Обитель - Прилепин Захар. Страница 122
– Согрешил неисполнением заповедей Божиих.
– Каюсь! – кричали лагерники, не видя и не узнавая друг друга, зато всякий миг слыша бешеный колокольчик.
– Согрешил кумирослужением!
“…А то”, – крутясь на своих нарах, словно его всего мылили в сорок злых и мокрых рук, соглашался Артём.
– Согрешил чрезмерным упованием на Божие долготерпение, в том числе попущением себе всяческих грехов! – выкрикивали священники, чьих голосов было уже не различить.

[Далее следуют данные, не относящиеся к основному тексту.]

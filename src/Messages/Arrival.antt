-- ===== src/Messages/Arrival.antt =====
-- One frame that arrives in one read, through all of `message_array_generate_from_client`.
use jm_bus.Common.{
  ℕ, suc, ◌<◌, ◌≡◌, refl, ap, false, some, List, [], ◌∷◌, length, leb, ◌==◌, arith, ok, Returns,
}
use jm_bus.Cstd.{Array, ArrayLib, Plenty, len, fresh}
use jm_bus.Cstd.Loops.{init-fresh, insert_each_all}
use jm_bus.Messages.{Message, bufsiz, large_msg_limit}
use jm_bus.Messages.Batches.{Frame, encode, parse_one_frame}
use jm_bus.Messages.Reading.{Decodes}
use jm_bus.Messages.Copying.{copy_read_all}
use jm_bus.Messages.Receive.{recv_loop, read_all_raw_bytes, message_array_generate_from_client}
use jm_bus.Sockets.{Sockets}

module _ {W : Type 0} (os : Sockets W) (lib : ArrayLib W) (plenty : Plenty lib) where
  -- A read that does not fill its buffer is the last.
  recv_loop_once :
      (fuel socket : ℕ) (bytes : List ℕ) (w : W)
      → (os.recv socket bufsiz w).0 ≡ some bytes
      → length bytes < bufsiz
      → (buf : Array ℕ) × (w' : W) × (recv_loop os lib (suc fuel) socket (fresh bufsiz) w
          ≡ ok (some buf) w')
        × (buf.items ≡ bytes)
        × (buf.offset ≡ 0)
  unfolding recv_loop
  recv_loop_once fuel socket bytes w received short =
      let (b, w', run, i) =
        insert_each_all lib plenty (fresh bufsiz) bytes (os.recv socket bufsiz w).1 in
      let size : len b ≡ length bytes = ap length i.appended in
      let under : leb large_msg_limit (len b) ≡ false = ground arith in
      let rest : (length bytes == bufsiz) ≡ false = ground arith in
      (
        b,
        w',
        rw
            (
              received,
              copy_read_all os lib bytes (fresh bufsiz) (os.recv socket bufsiz w).1,
              run,
              under,
              rest,
            )
            refl,
        i.appended,
        i.based,
      )

  read_all_raw_bytes_once :
      (socket : ℕ) (bytes : List ℕ) (w : W)
      → (os.recv socket bufsiz (lib.init {A = ℕ} bufsiz w).1).0 ≡ some bytes
      → length bytes < bufsiz
      → (buf : Array ℕ) × (w' : W) × (read_all_raw_bytes os lib socket w ≡ ok (some buf) w')
        × (buf.items ≡ bytes)
        × (buf.offset ≡ 0)
  unfolding read_all_raw_bytes
  read_all_raw_bytes_once socket bytes w received short =
      let (b, w', run, items, start) =
        recv_loop_once (recv_rounds_less) socket bytes (lib.init {A = ℕ} bufsiz w).1 received
          short in
      (b, w', rw (init-fresh lib plenty {A = ℕ} bufsiz w) run, items, start)
    where
      recv_rounds_less : ℕ
      recv_rounds_less = 524287

  pub generate_one_frame :
      (f : Frame) (socket : ℕ) (w : W)
      → (os.recv socket bufsiz (lib.init {A = ℕ} bufsiz (lib.init {A = Message} 2 w).1).1).0
        ≡ some (encode f)
      → length (encode f) < bufsiz
      → Returns (message_array_generate_from_client os lib socket w) λ r _.
        (m : Message) × (out : Array Message) × (r ≡ some out)
        × (out.items ≡ m ∷ [])
        × Decodes m f.type f.topic f.body
  unfolding message_array_generate_from_client
  generate_one_frame f socket w received short =
      let w₁ = (lib.init {A = Message} 2 w).1 in
      let (b, w₂, run, items, start) =
        read_all_raw_bytes_once socket (encode f) w₁ received short in
      let (r, w₃, parsed, h) =
        parse_one_frame os lib plenty f b w₂ items start (omega (arith, ap length items)) in
      (r, w₃, rw (init-fresh lib plenty {A = Message} 2 w, run) parsed, h)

– Грешен! – орали лагерники. – Каюсь!
– Согрешил тщеславием, многоглаголанием, честолюбием!
“Здесь я! Здесь!” – отзывался на всякий грех Артём, не ведая и не желая раскаяния в них.
– Согрешил маловерием, в том числе отсутствием мира Христова в душе!
“В том числе, да! – внутренне хохотал Артём. – В том числе!”
– Грешен! – вскрикивали лагерники с той же страстью, с которой орали “Здра!” начальству.
– …Неблагодарностью к Богу!
– …Дурной печалью и унынием!
– Согрешил нетерпением посылаемых Господом испытаний, в том числе нетерпением скорбей: голода, болезней, холода!
“Мёрзну! – с бесноватой радостью соглашался Артём. – Хочу жрать и мёрзну!”
– Согрешил ненадеянием на спасение… недоверием к милосердию Божию…
“Не верил”, – кивал Артём с тем бесстыдным лицом, с которым пьяница ждёт у кабака, что ему нальют.
– …Помыслами и попытками самоубийства…
– Прости мя, Отче! – выкрикнул кто-то. – Пытался удушиться! Верёвкой за шею!
– Согрешил поминанием имени Божия всуе… грязной, матерной бранью…
– Грешен! – голосили то там, то тут в ответ.
Каждое слово звучало гулко, словно удваиваясь за счёт заключённого внутрь эха.
– …Неисполнением обетов пред Богом…
– …Самооправданием…
– …Неблагоговейным отношением к иконам и святыням…
– …Непочитанием церковных праздников…
– …Осуждением священников…
– …Нерадением к молитве…
– Стыдился исповедать себя христианином, в том числе стыдился налагать на себя крестное знамение и носить нательный крест!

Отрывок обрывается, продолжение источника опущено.